# Can't print web pages on Firefox anymore



## Martha Bee (Feb 17, 2011)

I have Mac OS 10.5.8 using Firefox 3.6.13. A few weeks ago, all of a sudden I was unable to print anything off the internet, such as a receipt or coupon.









The printer just spits out one blank page. Preview shows a blank page as well. I emptied all caches and cleared browsing history. I think I've tried resetting the printer. Maybe I need to go farther with this somehow, or maybe I need to update my Firefox software.

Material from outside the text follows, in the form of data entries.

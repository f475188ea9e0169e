-- ===== src/Zstd/Chunks.antt =====
-- The inner loop of zstd::compress.
use drop_file.Common.{
  ℕ, zero, suc, ◌+◌, ◌≤◌, ◌<◌, ◌≡◌, refl, sym, ap, ◌∙◌, ◌⊎◌, inl, inr, Bool, true, false, Option,
  none, some, ◌++◌, append_assoc, arith, ◌==◌, Bool-cases, Bytes, length, take, drop, length-append,
  take-append-drop, length-drop, take_all, drop-drop,
}
use drop_file.Outcome.{◌>>=◌, Action, Ensures, Ensures-map}
use drop_file.Streams.{OutputStream}
use drop_file.FsEntryInfo.Writes.{
  IsAtEnd, appended, appended-appended, appended-IsAtEnd, write-appended,
}
use drop_file.Zstd.{
  assert_ok, not_null, Pipes, continue, error, Library, Step, Answer, Directive, fine, Chunk,
  compress_chunk, mode_of,
}
use drop_file.Zstd.Laws.{Laws, IsZstdException}

pub Answer-cases :
    {A : Type 0} (a : Answer A) → ((x : A) × (a ≡ fine x)) ⊎ ((t : Bytes) × (a ≡ error t))
Answer-cases (fine x) = inl (x, refl)
Answer-cases (error t) = inr (t, refl)

-- A library call that fails throws, and otherwise the rest runs.
module _ {B : Type 0} (Q : B → Pipes → Type 0) (p : Pipes) where
  pub assert_ok_lem :
      {A : Type 0} (a : Answer A) (f : A → Action Pipes B)
      → ((x : A) → a ≡ fine x → Ensures IsZstdException Q (f x p))
      → Ensures IsZstdException Q ((assert_ok a >>= f) p)
  assert_ok_lem (fine x) f k = k x refl
  assert_ok_lem (error t) f k = tt

  pub not_null_lem :
      {A : Type 0} (message : Bytes) (o : Option A) (f : A → Action Pipes B)
      → ((x : A) → o ≡ some x → Ensures IsZstdException Q (f x p))
      → Ensures IsZstdException Q ((not_null message o >>= f) p)
  not_null_lem message none f k = tt
  not_null_lem message (some x) f k = k x refl

module _ (z : Library) (l : Laws z) where
  -- After the inner loop: the rest of the buffer was given to the library, and `zs` written.
  pub record Chunked (is_last : Bool) (buffer : Bytes) (c : Chunk z) (s : OutputStream)
      (r : Chunk z) (t : OutputStream) : Type 0 where
    pub zs : Bytes
    pub wrote : t ≡ appended zs s
    pub counted : r.written ≡ c.written + length zs
    pub all_fed : l.fed r.cctx ≡ l.fed c.cctx ++ drop c.pos buffer
    pub all_out : l.out r.cctx ≡ l.out c.cctx ++ zs
    pub at_end : r.pos ≡ length buffer
    pub still : is_last ≡ false → l.decoded (l.out c.cctx) ≡ none → l.decoded (l.out r.cctx) ≡ none
    pub complete : is_last ≡ true → l.decoded (l.out r.cctx) ≡ some (l.fed r.cctx)

  abbrev next : Chunk z → Step z.CCtx → Chunk z
  next c st = record {
    cctx = st.context;
    pos = c.pos + st.consumed;
    written = c.written + length st.produced;
  }

  Chunked-next :
      (is_last : Bool) (buffer : Bytes) (c : Chunk z) (st : Step z.CCtx) (s : OutputStream)
      (r : Chunk z) (t : OutputStream)
      → l.fed st.context ≡ l.fed c.cctx ++ take st.consumed (drop c.pos buffer)
      → l.out st.context ≡ l.out c.cctx ++ st.produced
      → (is_last ≡ false → l.decoded (l.out c.cctx) ≡ none → l.decoded (l.out st.context) ≡ none)
      → Chunked is_last buffer (next c st) (appended st.produced s) r t
      → Chunked is_last buffer c s r t
  Chunked-next is_last buffer c st s r t feeds outs still m = record {
    zs = st.produced ++ m.zs;
    wrote = m.wrote ∙ appended-appended st.produced m.zs s;
    counted = omega (arith, m.counted, length-append st.produced m.zs);
    all_fed =
        m.all_fed
        ∙ rw feeds (
            append_assoc (l.fed c.cctx) (take st.consumed (drop c.pos buffer))
              (drop (c.pos + st.consumed) buffer))
        ∙ ap (◌++◌ (l.fed c.cctx)) (
            ap (◌++◌ (take st.consumed (drop c.pos buffer)))
              (sym (drop-drop st.consumed c.pos buffer))
            ∙ take-append-drop st.consumed (drop c.pos buffer));
    all_out = m.all_out ∙ rw outs (append_assoc (l.out c.cctx) st.produced m.zs);
    at_end = m.at_end;
    still = λ h o. m.still h (still h o);
    complete = m.complete;
  }

  -- The round in which the loop ends.
  Chunked-last :
      (is_last : Bool) (buffer : Bytes) (c : Chunk z) (st : Step z.CCtx) (s : OutputStream)
      → l.fed st.context ≡ l.fed c.cctx ++ take st.consumed (drop c.pos buffer)
      → l.out st.context ≡ l.out c.cctx ++ st.produced
      → c.pos ≤ length buffer
      → st.consumed ≡ length (drop c.pos buffer)
      → (is_last ≡ false → l.decoded (l.out c.cctx) ≡ none → l.decoded (l.out st.context) ≡ none)
      → (is_last ≡ true → l.decoded (l.out st.context) ≡ some (l.fed st.context))
      → Chunked is_last buffer c s (next c st) (appended st.produced s)
  Chunked-last is_last buffer c st s feeds outs within whole still complete = record {
    zs = st.produced;
    wrote = refl;
    counted = refl;
    all_fed =
        feeds ∙ ap (◌++◌ (l.fed c.cctx)) (take_all st.consumed (drop c.pos buffer) (omega arith));
    all_out = outs;
    at_end = omega (arith, length-drop c.pos buffer);
    still = still;
    complete = complete;
  }

  pub chunk_lem :
      (fuel : ℕ) (is_last : Bool) (buffer : Bytes) (c : Chunk z) (s : OutputStream)
      → IsAtEnd s
      → c.pos ≤ length buffer
      → l.work (mode_of is_last) c.cctx (drop c.pos buffer) < fuel
      → Ensures IsZstdException
          (Chunked is_last buffer c s)
          (compress_chunk z fuel is_last buffer c s)
  unfolding compress_chunk
  chunk_lem zero is_last buffer c s end within w = absurd (omega arith)
  chunk_lem (suc fuel) true buffer c s end within w =
      let input = drop c.pos buffer in
      elim (Answer-cases (z.compress_stream Directive.end z.out_size input c.cctx)) [
        | inr (t, e) ↦ rw e tt
        | inl (st, e) ↦
            let (fits, feeds, outs) = l.compress_moves Directive.end z.out_size input c.cctx st e in
            rw (e, write-appended st.produced s end)
              (elim (Bool-cases (st.remaining == 0)) [
                | inl flushed ↦
                    let (whole, complete) = l.end_done input c.cctx st e (ground arith) in
                    rw flushed (
                      Chunked-last true buffer c st s feeds outs within whole (λ h. cc)
                        (λ _. complete))
                | inr more ↦
                    let left = drop-drop st.consumed c.pos buffer in
                    let fewer = l.end_goes_on input c.cctx st e (ground arith) in
                    rw more (
                      Ensures-map IsZstdException _ _ _
                        (chunk_lem fuel true buffer (next c st) (appended st.produced s)
                          (appended-IsAtEnd st.produced s end)
                          (omega (arith, length-drop c.pos buffer)) (rw (← left) (omega arith)))
                        (λ r t m. Chunked-next true buffer c st s r t feeds outs (λ h. cc) m))
              ])
      ]
  chunk_lem (suc fuel) false buffer c s end within w =
      let input = drop c.pos buffer in
      elim (Answer-cases (z.compress_stream continue z.out_size input c.cctx)) [
        | inr (t, e) ↦ rw e tt
        | inl (st, e) ↦
            let (fits, feeds, outs) = l.compress_moves continue z.out_size input c.cctx st e in
            rw (e, write-appended st.produced s end)
              (elim (Bool-cases (c.pos + st.consumed == length buffer)) [
                | inl taken ↦
                    let whole : st.consumed ≡ length input =
                      ground (arith, length-drop c.pos buffer) in
                    rw taken (
                      Chunked-last false buffer c st s feeds outs within whole
                        (λ _. l.continue_open z.out_size input c.cctx st e) (λ h. cc))
                | inr more ↦
                    let left = drop-drop st.consumed c.pos buffer in
                    let part : st.consumed < length input =
                      ground (arith, length-drop c.pos buffer) in
                    let fewer = l.continue_goes_on input c.cctx st e part in
                    rw more (
                      Ensures-map IsZstdException _ _ _
                        (chunk_lem fuel false buffer (next c st) (appended st.produced s)
                          (appended-IsAtEnd st.produced s end)
                          (omega (arith, length-drop c.pos buffer)) (rw (← left) (omega arith)))
                        (λ r t m.
                          Chunked-next false buffer c st s r t feeds outs
                            (λ _. l.continue_open z.out_size input c.cctx st e) m))
              ])
      ]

I use a Lexmark X2650, and it works fine in every use (Appleworks, Printing emails, Printing PDF documents, etc.)

thanks for your help!


----------



## sinclair_tm (Mar 11, 2005)

AppleWorks? Now there's an golden oldie. Anywho, I have always had printing issues with Firefox. Try highlighting some text in the area that you want printed. Then when you select print, make sure the check box next to print selected frame is checked, and now you should get what you want out of the printer.


----------



## Martha Bee (Feb 17, 2011)

I went back to using Safari, and can print fine using that. Badda-bing. Problem solved. If on Firefox again, I'll try using the highlight solutions you suggested. Thanks! I'm a golden oldie, too.


----------